Le ton est somme toute modéré, compte tenu des sorties auxquelles l’homme fort d’Ankara avait fini par habituer ses interlocuteurs sur la question palestinienne. Comment, en effet, ne pas se souvenir du Recep Tayyip Erdogan accusant son homologue, Benyamin Nétanyahou, et l’Etat hébreu de « conserver en vie l’esprit de Hitler » lors de la guerre de Gaza, en 2014, ou condamnant Israël pour son « terrorisme d’Etat » et un « génocide » quatre ans plus tard ? Et de cette scène marquante, en pleine séance plénière du sommet économique de Davos, en janvier 2009, où l’on a vu le dirigeant turc tancer le président israélien Shimon Pérès, pourtant notoirement proturc et accessoirement prix Nobel de la paix, l’accusant de « savoir très bien tuer les gens » ?

Mais la conjoncture a changé, emportant les colères les plus vives du président turc. Ankara a aujourd’hui grand besoin de ses voisins et en particulier d’Israël. Confronté à un isolement diplomatique croissant et à des difficultés économiques vertigineuses, Recep Tayyip Erdogan a commencé à afficher publiquement sa volonté de rapprochement avec Tel-Aviv à la fin 2020. Après des années de brouilles, d’invectives et de claquements de portes, le président turc, qui n’a eu de cesse de se s’afficher comme un défenseur de la cause palestinienne, s’est engagé dans une politique de la main tendue et, par là même, dans une difficile position d’équilibriste dans la région, un peu comme il tente de le faire, parfois avec succès, en Ukraine.

Gisement de gaz

Tout en maintenant des liens étroits avec le Hamas, la Turquie a annoncé, à l’été 2022, après plus de dix ans de « gel », un rétablissement complet de ses relations diplomatiques avec Israël et le retour des ambassadeurs dans les deux pays.

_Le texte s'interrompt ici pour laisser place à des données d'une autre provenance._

-- ===== src/Graph/Types/Delivers.antt =====
-- What the static rules promise of the values that an edge carries.
use llm_agent_flow.Base.{Bool, true, not, ◌&&◌, ◌≡◌, some, arith, eq_iff, ◌==◌}
use llm_agent_flow.Graph.Types.{GoType, any_type, Reflect, fits, assignable, asserts}

-- Go's rules for `Implements`: every type has the methods of `any`, an interface has its own, what
-- has the methods of an interface has those it implements, and a pointer to an interface has none.
pub record IsGo (reflect : Reflect) : Type 0 where
  pub any_is_interface : reflect.is_interface any_type ≡ true
  pub implements_any : (t : GoType) → reflect.implements t any_type ≡ true
  pub implements_self : (t : GoType) → reflect.is_interface t ≡ true → reflect.implements t t ≡ true
  pub implements_trans :
      (r s t : GoType)
      → reflect.is_interface s ≡ true
      → reflect.implements r s ≡ true
      → reflect.implements s t ≡ true
      → reflect.implements r t ≡ true
  pub no_methods :
      (s t : GoType)
      → reflect.is_interface s ≡ true
      → reflect.implements (reflect.pointer_to s) t ≡ true
      → reflect.implements s t ≡ true

module _ (reflect : Reflect) (go : IsGo reflect) where
  -- The edge was accepted for the methods of the pointer type alone.
  abbrev pub only_by_pointer : GoType → GoType → Bool
  only_by_pointer from to =
      not (from == to) && not (to == any_type) && not (reflect.implements from to)

  -- An edge between known types that `assignable` accepts without deferring to run time hands over
  -- every value that is not a nil interface: a value of the source's type passes the assertion that
  -- the target node makes, except where only the pointer to the source's type has the methods of the
  -- target; such an edge is accepted too, and every value of it fails the assertion.
  pub assignable-asserts :
      (from to dynamic : GoType)
      → assignable reflect (some from) (some to) ≡ fits
      → asserts reflect (some dynamic) from ≡ true
      → asserts reflect (some dynamic) to ≡ not (only_by_pointer from to)
  unfolding assignable asserts
  assignable-asserts from to dynamic accepted valued = ground (
    arith,
    eq_iff from to,
    eq_iff to any_type,
    eq_iff from any_type,
    eq_iff dynamic from,
    eq_iff dynamic to,
    go.any_is_interface,
    go.implements_any dynamic,
    go.implements_trans dynamic from to,
    go.no_methods from to,
  )
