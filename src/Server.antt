-- ===== src/Server.antt =====
-- cmd/flowd/server: the parts of the daemon that keep state between requests.
pub mod Lru
pub mod Flows
pub mod Current
pub mod Requests
pub mod Runs
pub mod Resumes
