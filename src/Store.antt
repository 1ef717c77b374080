-- ===== src/Store.antt =====
-- flow/store/store.go: the records of flowd's store, and the tables of flow/store/sqlite/open.go that keep
-- them. A time is a number of seconds, a JSON object of texts its pairs, and a null column the empty text
-- where the code reads it so.
pub mod Flows
pub mod Runs
pub mod Events
pub mod Frames
pub mod Steps
pub mod Listings
use llm_agent_flow.Base.{ℕ, String, Bool, true, false, Option, List, []}

pub record FlowRecord : Type 0 where
  pub id : String
  pub name : String
  pub created_at : ℕ
  pub updated_at : ℕ
  pub json : String

pub data RunStatus : Type 0 where
  running : RunStatus
  done : RunStatus
  failed : RunStatus
  suspended : RunStatus

pub record RunRecord : Type 0 where
  pub id : String
  pub flow_id : String
  pub status : RunStatus
  pub started_at : ℕ
  pub finished_at : Option ℕ
  pub inputs : List (String × String)
  pub outputs : List (String × String)
  pub error : String
  pub resume_token : String
  pub interrupt_node : String

pub data RunEventKind : Type 0 where
  flow_started : RunEventKind
  node_started : RunEventKind
  node_finished : RunEventKind
  node_skipped : RunEventKind
  flow_done : RunEventKind
  flow_err : RunEventKind
  node_interrupted : RunEventKind
  flow_suspended : RunEventKind

pub record RunEvent : Type 0 where
  pub seq : ℕ
  pub kind : RunEventKind
  pub node_id : String
  pub payload : String
  pub timestamp : ℕ

pub record RunEventBatchItem : Type 0 where
  pub kind : RunEventKind
  pub node_id : String
  pub payload : String

-- `failure` is an error of the database, with what was being done.
pub data StoreError : Type 0 where
  not_found : StoreError
  already_exists : StoreError
  empty_id : StoreError
  empty_json : StoreError
  empty_flow_id : StoreError
  empty_run_id : StoreError
  failure : String → String → StoreError

pub record EventRow : Type 0 where
  pub run_id : String
  pub event : RunEvent

-- The tables, each row after those that were inserted before it.
pub record Tables : Type 0 where
  pub flows : List FlowRecord
  pub runs : List RunRecord
  pub run_events : List EventRow

-- The error of each statement that a call makes, counted from 0, when the database refuses it.
abbrev pub Faults : Type 0
Faults = ℕ → Option String
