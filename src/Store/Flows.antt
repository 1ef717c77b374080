-- ===== src/Store/Flows.antt =====
-- flow/store/sqlite/flows.go: the table of flows.
pub mod Laws
use llm_agent_flow.Base.{
  ℕ, suc, String, Bool, true, false, Option, none, some, List, [], ◌∷◌, ◌++◌, Result, ok, err, ◌==◌,
  if◌then◌else◌, ◌≡◌, refl, arith, eq_iff, eq_refl, Option-cases, String-cases, ok-injective, ◌≢◌,
  ◌∙◌, Option-match, Bool-match, Bool-cases, inl, inr,
}
use llm_agent_flow.Store.{
  FlowRecord, Tables, Faults, StoreError, not_found, already_exists, empty_id, empty_json, failure,
}

-- SELECT … WHERE id = ?
abbrev pub flow_row : String → List FlowRecord → Option FlowRecord
flow_row id [] = none
flow_row id (r ∷ rows) = if r.id == id then some r else flow_row id rows

-- INSERT … ON CONFLICT(id) DO UPDATE
unfoldable pub upsert_flow : ℕ → String → String → String → List FlowRecord → List FlowRecord
upsert_flow now id name json [] =
    record { id = id; name = name; created_at = now; updated_at = now; json = json } ∷ []
upsert_flow now id name json (r ∷ rows) =
    let rest = upsert_flow now id name json rows in
    if r.id == id then record r { name = name; json = json; updated_at = now } ∷ rows else r ∷ rest

unfoldable pub remove_flow : String → List FlowRecord → List FlowRecord
remove_flow id [] = []
remove_flow id (r ∷ rows) = let rest = remove_flow id rows in if r.id == id then rest else r ∷ rest

unfoldable pub get_flow : Option String → String → Tables → Result StoreError FlowRecord
get_flow (some e) id db = err (failure "get flow" e)
get_flow none id db = elim (flow_row id db.flows) [ none ↦ err not_found | some r ↦ ok r ]

unfoldable pub put_flow :
    Faults
    → (now : ℕ) → (id name json : String) → (create : Bool) → Tables
    → Result StoreError FlowRecord × Tables
unfolding get_flow upsert_flow
put_flow faults now id name json create db =
    let written : Tables = record db { flows = upsert_flow now id name json db.flows } in
    if id == ""
    then (err empty_id, db)
    else if json == ""
    then (err empty_json, db)
    else if create
    then elim (faults 0) [
      | some e ↦ (err (failure "insert flow" e), db)
      | none ↦ elim (flow_row id db.flows) [
        | some r ↦ (err already_exists, db)
        | none ↦ (get_flow (faults 1) id written, written)
      ]
    ]
    else elim (faults 0) [
      | some e ↦ (err (failure "upsert flow" e), db)
      | none ↦ (get_flow (faults 1) id written, written)
    ]

-- The result is the error of the call.
unfoldable pub delete_flow : Option String → String → Tables → Option StoreError × Tables
unfolding remove_flow
delete_flow (some e) id db = (some (failure "delete flow" e), db)
delete_flow none id db = elim (flow_row id db.flows) [
  | none ↦ (some not_found, db)
  | some r ↦ (none, record db { flows = remove_flow id db.flows })
]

Quelques semaines auparavant, le président israélien, Isaac Herzog, s’était rendu à Ankara, avant que le ministre des affaires étrangères turc de l’époque, Mevlüt Çavusoglu, n’aille en visite en Israël. Les relations entre les services de renseignement israéliens et turcs s’étaient renforcées à la faveur de révélations de menaces terroristes émanant d’Iran et visant des touristes israéliens en Turquie. Ce geste avait été salué par Yaïr Lapid, alors ministre israélien des affaires étrangères.